Problem to work on:
Pull out every line below that contains the word "interval".
===== Data provided =====
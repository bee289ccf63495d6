-- ===== src/Poller/Timer/Repeats.antt =====
-- When a timer is called again.
use zltool_kit.Kit.{
  ℕ, zero, suc, ◌+◌, ◌≡◌, ◌≢◌, refl, ap, ◌∙◌, false, ◌&&◌, List, [], ◌∷◌, ◌++◌, some, ltb, leb,
  ◌==◌, if◌then◌else◌, inl, inr, Bool-cases, arith, pick_true, pick_false,
}
use mathlib.Core.Path.{subst}
use zltool_kit.Kit.Words.{u64}
use zltool_kit.Poller.Delay.{emplace, insert_range, put_back, run_expired, flush_delay_task}
use zltool_kit.Poller.Timer.{
  Answer, again, enough, throws, Timer, Timers, timer_of, timer_task, call_task, run_timer,
  flush_timers,
}

abbrev pub is_entry : ℕ → ℕ → ℕ × ℕ → ℕ
is_entry at t e = if (e.0 == at) && (e.1 == t) then 1 else 0

-- How often a timer stands in a map with a deadline.
abbrev pub times : ℕ → ℕ → List (ℕ × ℕ) → ℕ
times at t [] = 0
times at t (e ∷ es) = is_entry at t e + times at t es

-- The entries that are not due yet, and the new entries of those that are.
abbrev pub not_due : ℕ → List (ℕ × ℕ) → List (ℕ × ℕ)
not_due now [] = []
not_due now (e ∷ es) = let rest = not_due now es in if leb e.0 now then rest else e ∷ es

abbrev pub renewed : ℕ → ℕ → ℕ → List (ℕ × ℕ)
renewed now t zero = []
renewed now t (suc d) = (u64 (suc d + now), t) ∷ []

-- After how long a timer is called again: never once it is deleted or has had enough.
abbrev pub asked : Timer → Answer → ℕ
asked timer again = if timer.strong then timer.interval else 0
asked timer enough = 0
asked timer throws = if timer.strong then timer.interval else 0

call_task-asked : (timer : Timer) (answer : Answer) → call_task timer answer ≡ asked timer answer
unfolding call_task timer_task
call_task-asked timer again = refl
call_task-asked timer enough = elim (Bool-cases timer.strong) [
  | inl b ↦ pick_true 0 0 b
  | inr b ↦ pick_false 0 0 b
]
call_task-asked timer throws = refl

abbrev pub renewals : Timers → (ℕ → Answer) → ℕ → List (ℕ × ℕ) → List (ℕ × ℕ)
renewals s answers now [] = []
renewals s answers now (e ∷ es) =
    let rest = renewals s answers now es in
    if leb e.0 now then renewed now e.1 (asked (timer_of e.1 s) (answers e.1)) ++ rest else []

module _ (at t : ℕ) where
  times-append : (xs ys : List (ℕ × ℕ)) → times at t (xs ++ ys) ≡ times at t xs + times at t ys
  times-append [] ys = omega arith
  times-append (x ∷ xs) ys = omega (arith, times-append xs ys)

  times-emplace :
      (e : ℕ × ℕ) (es : List (ℕ × ℕ)) → times at t (emplace e es) ≡ is_entry at t e + times at t es
  unfolding emplace
  times-emplace e [] = refl
  times-emplace e (f ∷ fs) = elim (Bool-cases (ltb e.0 f.0)) [
    | inl b ↦ ap (times at t) (pick_true _ _ b)
    | inr b ↦ ap (times at t) (pick_false _ _ b) ∙ omega (arith, times-emplace e fs)
  ]

  times-insert_range :
      (es fs : List (ℕ × ℕ)) → times at t (insert_range es fs) ≡ times at t es + times at t fs
  unfolding insert_range
  times-insert_range [] fs = omega arith
  times-insert_range (e ∷ es) fs =
      omega (arith, times-insert_range es (emplace e fs), times-emplace e fs)

  times-put_back :
      (now a d : ℕ) (fresh : List (ℕ × ℕ))
      → times at t (put_back now a (some d) fresh) ≡ times at t (renewed now a d) + times at t fresh
  times-put_back now a zero fresh = omega arith
  times-put_back now a (suc d) fresh = times-emplace (u64 (suc d + now), a) fresh ∙ omega arith

  -- The loop over the map, from a map of new entries on.
  times-run_expired :
      (s : Timers) (answers : ℕ → Answer) (now : ℕ) (es fresh : List (ℕ × ℕ))
      → let r = run_expired (run_timer s answers) now es fresh in
        times at t r.1.0 + times at t r.0
        ≡ times at t fresh + (times at t (not_due now es) + times at t (renewals s answers now es))
  unfolding run_expired run_timer insert_range
  times-run_expired s answers now [] fresh = omega arith
  times-run_expired s answers now (e ∷ es) fresh = elim (Bool-cases (leb e.0 now)) [
    | inl b ↦
        let d = call_task (timer_of e.1 s) (answers e.1) in
        let ih = times-run_expired s answers now es (put_back now e.1 (some d) fresh) in
        let more = renewals s answers now es in
        let a = asked (timer_of e.1 s) (answers e.1) in
        let same = call_task-asked (timer_of e.1 s) (answers e.1) in
        rw b (
          omega (
            arith,
            ih,
            times-put_back now e.1 d fresh,
            ap (λ k. times at t (renewed now e.1 k)) same,
            times-append (renewed now e.1 a) more,
          ))
    | inr b ↦ rw b (omega arith)
  ]

-- A round of the delayed tasks walks the map up to the first entry that is not due, keeps the entries from there on, and,
-- for each entry before it whose timer is still there, has an interval that is not zero, and has a callback that asked
-- to be called again or threw, makes an entry of that timer one interval after the present, modulo 2 ^ 64; a timer
-- that was deleted, or whose callback had enough, gets none.
pub flush_timers_lem :
    (now : ℕ) (answers : ℕ → Answer) (s : Timers) (at t : ℕ)
    → times at t (flush_timers now answers s).tasks
      ≡ times at t (not_due now s.tasks) + times at t (renewals s answers now s.tasks)
unfolding flush_timers flush_delay_task
flush_timers_lem now answers s at t =
    let r = run_expired (run_timer s answers) now s.tasks [] in
    omega
      (arith, times-insert_range at t r.1.0 r.0, times-run_expired at t s answers now s.tasks [])

renewed_other : (now at t a d : ℕ) → a ≢ t → times at t (renewed now a d) ≡ 0
renewed_other now at t a zero apart = refl
renewed_other now at t a (suc d) apart = ground (arith, apart)

asked_deleted : (timer : Timer) (answer : Answer) → timer.strong ≡ false → asked timer answer ≡ 0
asked_deleted timer again h = pick_false timer.interval 0 h
asked_deleted timer enough h = refl
asked_deleted timer throws h = pick_false timer.interval 0 h

unrenewed :
    (now : ℕ) (answers : ℕ → Answer) (s : Timers) (at t a : ℕ)
    → (timer_of t s).strong ≡ false
    → times at t (renewed now a (asked (timer_of a s) (answers a))) ≡ 0
unrenewed now answers s at t a h = elim (Bool-cases (a == t)) [
  | inl same ↦
      let key : t ≡ a = ground (arith, same) in
      let off : (timer_of a s).strong ≡ false = subst (λ k. (timer_of k s).strong ≡ false) key h in
      ap (λ d. times at t (renewed now a d)) (asked_deleted (timer_of a s) (answers a) off)
  | inr other ↦
      let apart : a ≢ t = ground (arith, other) in
      renewed_other now at t a (asked (timer_of a s) (answers a)) apart
]

no_renewal :
    (now : ℕ) (answers : ℕ → Answer) (s : Timers) (at t : ℕ) (es : List (ℕ × ℕ))
    → (timer_of t s).strong ≡ false
    → times at t (renewals s answers now es) ≡ 0
no_renewal now answers s at t [] h = refl
no_renewal now answers s at t (e ∷ es) h = elim (Bool-cases (leb e.0 now)) [
  | inl b ↦
      let d = asked (timer_of e.1 s) (answers e.1) in
      rw b (
        omega (
          arith,
          times-append at t (renewed now e.1 d) (renewals s answers now es),
          unrenewed now answers s at t e.1 h,
          no_renewal now answers s at t es h,
        ))
  | inr b ↦ rw b refl
]

-- Once a timer is deleted, a round of the delayed tasks leaves of it only the entries that were not due: its callback does not
-- run, and no entry is made for it.
pub deleted_lem :
    (now : ℕ) (answers : ℕ → Answer) (s : Timers) (at t : ℕ)
    → (timer_of t s).strong ≡ false
    → times at t (flush_timers now answers s).tasks ≡ times at t (not_due now s.tasks)
deleted_lem now answers s at t h =
    omega (arith, flush_timers_lem now answers s at t, no_renewal now answers s at t s.tasks h)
=====
Result below:
asked timer again = if timer.strong then timer.interval else 0
asked timer throws = if timer.strong then timer.interval else 0
-- for each entry before it whose timer is still there, has an interval that is not zero, and has a callback that asked
-- to be called again or threw, makes an entry of that timer one interval after the present, modulo 2 ^ 64; a timer
asked_deleted timer again h = pick_false timer.interval 0 h
asked_deleted timer throws h = pick_false timer.interval 0 h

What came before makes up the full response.